История умалчивает о том, что изрек в этот миг Ньютон, а вот регистраторша вскричала:

– Да вот же она, карточка этого, как его… Но почему это она упала оттуда?!

– Ее кошка сбросила, – сказал я.

– Какая еще кошка?! – Регистраторша взглянула на меня как на безумного.

– Которая вон там сидит! – Я хотел показать пальцем, но он ткнулся в стеклянное ограждение регистратуры, и стекло буйно завибрировало. Пришлось объяснять: – Вон та кошка, которая на самом верху стеллажа сидит. Черная такая!

И тут я понял, что ошибся. Кошка только на первый взгляд казалась черной, а на самом деле она была серой.

– В смысле серая, – поправился я. Но немедленно обнаружил, что снова ошибся: наверное из-за игры света и тени. Сейчас кошка была реально рыжая. И я, конечно, снова поправился: – То есть рыжая!

Смешно, но через секунду выяснилось, что я ошибся снова: кошка оказалась вообще белая! А потом я разглядел, что она полосатая…

Так. Кажется, моя расплывчатая близорукость опять активизировалась. Да еще как!

– А может, кошка была в клеточку? – хладнокровно спросила регистраторша, которая наблюдала за мной с тем же исследовательским любопытством, с которым мы с кошкой недавно наблюдали за ней. – А что такого? Кошка в клеточку, нормально… Только ведь тут у нас никакой кошки отродясь не было! Ни белой, ни черной, ни рыжей, ни в горошек, ни в цветочек!

И разложив на столе карточку Ликандра Андроновича, она наконец-то начала исправлять в ней номер полиса.

Я посмотрел на стеллаж. И правда – там никого не было…

Тут за моей спиной кто-то хихикнул.

Я обернулся.

Там стояла девчонка. При виде ее все мои проблемы – и рваные пижамные штаны, и даже шерсть внутри раны! – показались сущей ерундой.

В каком-то древнем совковом фильме одна неказистая девчонка мечтала, чтобы при виде ее все мужчины падали и в штабеля складывались. Сейчас я понял, какой надо быть девчонке, чтобы при виде ее хотелось безропотно сложиться в штабель.
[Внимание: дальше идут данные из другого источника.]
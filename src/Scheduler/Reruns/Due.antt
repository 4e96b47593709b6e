-- ===== src/Scheduler/Reruns/Due.antt =====
-- pheromone/src/scheduler/scheduler_server.cpp, the "rerun check" of `run`: how many
-- functions are overdue.
use demeter.Prelude.{
  ltb, leb, if◌then◌else◌, ltb→lt, Bool-cases, Option-cases, length, nat_eq, str_eq, ℕ, suc, ◌+◌,
  ◌≤◌, ◌<◌, ◌≡◌, refl, inl, inr, none, some, List, [], ◌∷◌, ◌++◌, arith,
}
use demeter.Trigger.ByTime.{TimePoint}
use demeter.Scheduler.{RerunCheckQueueItem}
use demeter.Scheduler.Reruns.{pop_min, top_of, pop, due_item}

-- 1 for an item whose time has come.
abbrev pub is_due : TimePoint → RerunCheckQueueItem → ℕ
is_due now item = if leb item.check_time now then 1 else 0

unfoldable pub due_count : TimePoint → List RerunCheckQueueItem → ℕ
due_count now [] = 0
due_count now (item ∷ items) = is_due now item + due_count now items

pub due_count-append :
    (now : TimePoint) (xs ys : List RerunCheckQueueItem)
    → due_count now (xs ++ ys) ≡ due_count now xs + due_count now ys
unfolding due_count
due_count-append now [] ys = omega arith
due_count-append now (x ∷ xs) ys = omega (arith, due_count-append now xs ys)

pub due_count-le : (now : TimePoint) (xs : List RerunCheckQueueItem) → due_count now xs ≤ length xs
unfolding due_count
due_count-le now [] = omega arith
due_count-le now (x ∷ xs) = ground (arith, due_count-le now xs)

-- The item on top is the first, and no item of the rest is due unless it is.
pop_min-due :
    (now : TimePoint) (items : List RerunCheckQueueItem) (least : RerunCheckQueueItem)
    → (is_due now (pop_min least items).0 + due_count now (pop_min least items).1
        ≡ is_due now least + due_count now items)
      × ((pop_min least items).0.check_time ≤ least.check_time)
      × (is_due now (pop_min least items).0 ≡ 0 → due_count now items ≡ 0)
unfolding pop_min due_count
pop_min-due now [] least = (refl, omega arith, λ h. refl)
pop_min-due now (item ∷ items) least = elim (Bool-cases (ltb item.check_time least.check_time)) [
  | inl earlier ↦
      let r = pop_min-due now items item in
      rw earlier (
        omega (arith, r.0),
        omega (arith, r.1, ltb→lt item.check_time least.check_time earlier),
        λ h. ground (arith, r.1, r.2 h, h),
      )
  | inr later ↦
      let r = pop_min-due now items least in
      rw later (omega (arith, r.0), omega (arith, r.1), λ h. ground (arith, r.1, r.2 h, h, later))
]

-- Of the items that are due, the loop takes one.
pub due_count-pop :
    (now : TimePoint) (queue : List RerunCheckQueueItem)
    → 0 < due_count now queue
    → suc (due_count now (pop queue)) ≡ due_count now queue
unfolding pop due_count
due_count-pop now [] h = absurd (omega (arith, h))
due_count-pop now (item ∷ items) h =
    let r = pop_min-due now items item in ground (arith, r.0, r.1, r.2, h)

pub due_item-none :
    (now : TimePoint) (queue : List RerunCheckQueueItem)
    → due_item now queue ≡ none
    → due_count now queue ≡ 0
unfolding due_item top_of due_count
due_item-none now [] h = refl
due_item-none now (item ∷ items) h =
    let r = pop_min-due now items item in ground (arith, r.0, r.1, r.2, h)

pub due_item-some :
    (now : TimePoint) (queue : List RerunCheckQueueItem) (item : RerunCheckQueueItem)
    → due_item now queue ≡ some item
    → 0 < due_count now queue
unfolding due_item top_of due_count
due_item-some now [] item h = absurd (ground (arith, h))
due_item-some now (first ∷ items) item h =
    let r = pop_min-due now items first in ground (arith, r.0, r.1, r.2, h)

pub none_due :
    (now : TimePoint) (queue : List RerunCheckQueueItem)
    → due_count now queue ≡ 0
    → due_item now queue ≡ none
none_due now queue h = elim (Option-cases (due_item now queue)) [
  | inl e ↦ e
  | inr (item, e) ↦ absurd (omega (arith, h, due_item-some now queue item e))
]
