-- ===== src/Scheduler/Reruns/Ends.antt =====
-- pheromone/src/scheduler/scheduler_server.cpp, the "rerun check" of `run`: the loop ends.
use demeter.Prelude.{
  Option-cases, ◌>>=◌, Ensures, Ensures-bind, if-both, Ensures-bind_any, Ensures-map, add, length,
  get_elem?, All, Map, or_default, lookup, update, Str, nat_eq, str_eq, ℕ, zero, suc, ◌%◌, ◌≤◌, ◌<◌,
  ◌≡◌, refl, sym, ap, subst, ◌∙◌, inl, inr, Option, none, some, List, [], ◌∷◌, arith,
}
use demeter.Trigger.{TriggerFunctionMetadata}
use demeter.Trigger.Any.{action_for_rerun}
use demeter.Trigger.ByTime.{TimePoint}
use demeter.Scheduler.{RerunCheckQueueItem, RerunTriggerTimeout, DelayFunctionCall, Scheduler, Env}
use demeter.Scheduler.Calls.{
  is_found, send_to_executer, choose_executor, dispatch_call, refuse_call, arm_reruns,
  schedule_func_call, call_of,
}
use demeter.Scheduler.Calls.Outcomes.{executors_for, Passes, refuse_call-Passes}
use demeter.Scheduler.Reruns.Due.{
  due_count, due_count-append, due_count-le, due_count-pop, due_item-some, none_due,
}
use demeter.Scheduler.Reruns.{
  due_item, rerun_calls, rerun_item, rerun_from, rerun_loop, rerun_check,
}

-- Every function is awaited for some time.
abbrev pub TakeTime : Map Str (List RerunTriggerTimeout) → Type 0
TakeTime timeouts =
    (func : Str) → All (λ meta. 0 < meta.timeout) (or_default [] (lookup func timeouts))

module _ {B D : Type 0} (env : Env B D) where
  -- As many items are due as before, and the timeouts are the same.
  record SameDue (now : TimePoint) (s s' : Scheduler D) : Type 0 where
    due : due_count now s'.rerun_check_queue ≡ due_count now s.rerun_check_queue
    timeouts : s'.func_trigger_timeout_map ≡ s.func_trigger_timeout_map

  abbrev Same : TimePoint → Scheduler D → Option (Scheduler D) → Type 0
  Same now s = Ensures (SameDue now s)

  arm_reruns-SameDue :
      (metas : List RerunTriggerTimeout) (now : TimePoint) (func session : Str) (args : List Str)
      (flag : ℕ) (s : Scheduler D)
      → All (λ meta. 0 < meta.timeout) metas
      → SameDue now s (arm_reruns env now func session args flag metas s)
  unfolding arm_reruns due_count
  arm_reruns-SameDue [] now func session args flag s h = record { due = refl; timeouts = refl }
  arm_reruns-SameDue (meta ∷ metas) now func session args flag s h =
      let rest = arm_reruns-SameDue metas now func session args flag _ h.1 in
      record {
        due = rest.due ∙ due_count-append now s.rerun_check_queue _ ∙ ground (arith, h.0);
        timeouts = rest.timeouts;
      }

  dispatch_call-SameDue :
      (c : DelayFunctionCall D) (id : ℕ) (s : Scheduler D)
      → TakeTime s.func_trigger_timeout_map
      → Same c.trigger_time s (dispatch_call env c.trigger_time c id s)
  unfolding dispatch_call
  dispatch_call-SameDue c id s h =
      Ensures-bind_any (SameDue c.trigger_time s) (send_to_executer env id _ s.helper) _ (λ x.
        let armed =
          arm_reruns-SameDue (or_default [] (lookup c.func_name s.func_trigger_timeout_map))
            c.trigger_time c.func_name c.session_id c.func_args c.arg_flag _ (h c.func_name) in
        record { due = armed.due; timeouts = armed.timeouts })

  chosen-SameDue :
      (c : DelayFunctionCall D) (s : Scheduler D) (found : Option ℕ × List ℕ)
      → TakeTime s.func_trigger_timeout_map
      → Same c.trigger_time s (
          choose_executor env c.func_name found s >>= λ r.
          dispatch_call env c.trigger_time c r.0 r.1)
  unfolding choose_executor
  chosen-SameDue c s (some id, colds) h =
      Ensures-map (SameDue c.trigger_time _) (SameDue c.trigger_time s)
        (λ s' d. record { due = d.due; timeouts = d.timeouts })
        (dispatch_call env c.trigger_time c id (record s { seed = (env.rand_r s.seed).1 }))
        (dispatch_call-SameDue c id (record s { seed = (env.rand_r s.seed).1 }) h)
  chosen-SameDue c s (none, colds) h =
      elim (Option-cases (get_elem? colds ((env.rand_r s.seed).0 % length colds))) [
        | inl outside ↦ rw outside tt
        | inr (id, found) ↦ rw found (
            Ensures-map (SameDue c.trigger_time (picked id)) (SameDue c.trigger_time s)
              (λ s' d. record { due = d.due; timeouts = d.timeouts })
              (dispatch_call env c.trigger_time c id (picked id))
              (dispatch_call-SameDue c id (picked id) h))
      ]
    where
      picked : ℕ → Scheduler D
      picked id = record s {
        seed = (env.rand_r s.seed).1;
        function_executor_map = update c.func_name [] (add id) s.function_executor_map;
      }

  schedule_func_call-SameDue :
      (c : DelayFunctionCall D) (s : Scheduler D)
      → TakeTime s.func_trigger_timeout_map
      → Same c.trigger_time s (schedule_func_call env c s)
  unfolding schedule_func_call
  schedule_func_call-SameDue c s h =
      if-both (Same c.trigger_time s) (is_found (executors_for env s c))
        (choose_executor env c.func_name (executors_for env s c) s >>= λ r.
          dispatch_call env c.trigger_time c r.0 r.1)
        (refuse_call env c s) (chosen-SameDue c s (executors_for env s c) h)
        (Ensures-map (Passes s) (SameDue c.trigger_time s)
          (λ s' p. record { due = ap (due_count c.trigger_time) p.queue; timeouts = p.timeouts })
          (refuse_call env c s) (refuse_call-Passes env c s))

  rerun_calls-SameDue :
      (metas : List TriggerFunctionMetadata) (now : TimePoint) (session : Str) (s : Scheduler D)
      → TakeTime s.func_trigger_timeout_map
      → Same now s (rerun_calls env now session metas s)
  unfolding rerun_calls
  rerun_calls-SameDue [] now session s h = record { due = refl; timeouts = refl }
  rerun_calls-SameDue (meta ∷ metas) now session s h =
      Ensures-bind (SameDue now s) (SameDue now s)
        (schedule_func_call env
          (call_of env now session (or_default [] (lookup meta.func_name s.func_app_map)) meta) s)
        _
        (schedule_func_call-SameDue
          (call_of env now session (or_default [] (lookup meta.func_name s.func_app_map)) meta) s h)
        (λ s' d.
          Ensures-map (SameDue now s') (SameDue now s)
            (λ s'' e. record { due = e.due ∙ d.due; timeouts = e.timeouts ∙ d.timeouts })
            (rerun_calls env now session metas s')
            (rerun_calls-SameDue metas now session s' (subst TakeTime (sym d.timeouts) h)))

  -- One item fewer is due.
  record OneLess (now : TimePoint) (s s' : Scheduler D) : Type 0 where
    due : suc (due_count now s'.rerun_check_queue) ≡ due_count now s.rerun_check_queue
    timeouts : s'.func_trigger_timeout_map ≡ s.func_trigger_timeout_map

  rerun_item-OneLess :
      (now : TimePoint) (item : RerunCheckQueueItem) (s : Scheduler D)
      → TakeTime s.func_trigger_timeout_map
      → 0 < due_count now s.rerun_check_queue
      → Ensures (OneLess now s) (rerun_item env now item s)
  unfolding rerun_item
  rerun_item-OneLess now item s h some_due =
      Ensures-bind_any (OneLess now s) (get_elem? s.triggers item.trigger_ptr) _ (λ t.
        Ensures-bind (SameDue now s) (OneLess now s)
          (rerun_calls env now item.session (action_for_rerun t item.session) s) _
          (rerun_calls-SameDue (action_for_rerun t item.session) now item.session s h)
          (λ s' d. record {
            due = due_count-pop now s'.rerun_check_queue (omega (arith, some_due, d.due)) ∙ d.due;
            timeouts = d.timeouts;
          }))

  -- No item is due.
  abbrev Ended : TimePoint → Option (Scheduler D) → Type 0
  Ended now = Ensures (λ (s' : Scheduler D). due_item now s'.rerun_check_queue ≡ none)

  rerun_from-ends :
      (rest : Scheduler D → Option (Scheduler D)) (now : TimePoint)
      (found : Option RerunCheckQueueItem) (s : Scheduler D)
      → TakeTime s.func_trigger_timeout_map
      → due_item now s.rerun_check_queue ≡ found
      → ((s' : Scheduler D) → OneLess now s s' → Ended now (rest s'))
      → Ended now (rerun_from env rest now found s)
  unfolding rerun_from
  rerun_from-ends rest now none s h e k = e
  rerun_from-ends rest now (some item) s h e k =
      Ensures-bind (OneLess now s) (λ (s' : Scheduler D). due_item now s'.rerun_check_queue ≡ none)
        (rerun_item env now item s) rest
        (rerun_item-OneLess now item s h (due_item-some now s.rerun_check_queue item e)) k

  rerun_loop-ends :
      (fuel : ℕ) (now : TimePoint) (s : Scheduler D)
      → TakeTime s.func_trigger_timeout_map
      → due_count now s.rerun_check_queue ≤ fuel
      → Ended now (rerun_loop env fuel now s)
  unfolding rerun_loop
  rerun_loop-ends zero now s h enough = none_due now s.rerun_check_queue (omega (arith, enough))
  rerun_loop-ends (suc fuel) now s h enough =
      rerun_from-ends (rerun_loop env fuel now) now (due_item now s.rerun_check_queue) s h refl
        (λ s' less.
          rerun_loop-ends fuel now s' (subst TakeTime (sym less.timeouts) h)
            (omega (arith, less.due, enough)))

  -- The check for overdue functions stops by itself within as many rounds as there are items: after
  -- it no item is due. Every function is awaited for some time, so that one that is called again is
  -- not overdue at once.
  pub rerun_check-ends :
      (now : TimePoint) (s : Scheduler D)
      → TakeTime s.func_trigger_timeout_map
      → Ensures
          (λ (s' : Scheduler D). due_item now s'.rerun_check_queue ≡ none)
          (rerun_check env now s)
  unfolding rerun_check
  rerun_check-ends now s h =
      rerun_loop-ends (length s.rerun_check_queue) now s h (due_count-le now s.rerun_check_queue)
Я, к примеру, уже практически сложился!

Это была не девчонка, а Шамаханская царица, честное слово! Длиннющие косы – черные, блестящие, брови дугами изгибаются, будто нарисованные, нос – шедевр! Глаза… ну, тут вообще слов нет. Сказочные глаза! Зеленые-презеленые! Прямо даже изумрудные. И вся она была такая тоненькая, как балеринка, так что черные джинсы, майка и балетки казались нарисованными на ней.

Она стояла, глядя на меня этими своими изумрудными глазищами, улыбалась лукаво и поцарапывала ноготком притолоку.

И мне стало ну прямо тошно оттого, что эта Шамаханская царица слышала, как меня регистраторша высмеивала. При такой девчонке хочется, чтобы тебе на голову лавровый венок надевали, честное слово! И это самое малое…

– Кошка точно была! – выпалил я, во что бы то ни стало желая оправдаться в ее глазах.

– Конечно была, – сказала она. – Я знаю.

Ну, ребята… Это не просто девчонка! И не просто Шамаханская царица! Это вообще… ну, я не знаю!

1Двоеточие над буквой, например «ï», называется трема́ и обозначает раздельное произношение буквосочетания. Скажем, во французском языке сочетание «oi» обычно читается как «уа», а «oï» – как «ои». (Здесь и далее прим. автора.)
2«Тулка» – знаменитая еще с XIX века марка охотничьих ружей. Их выпускали на Тульском оружейном заводе, отсюда и название.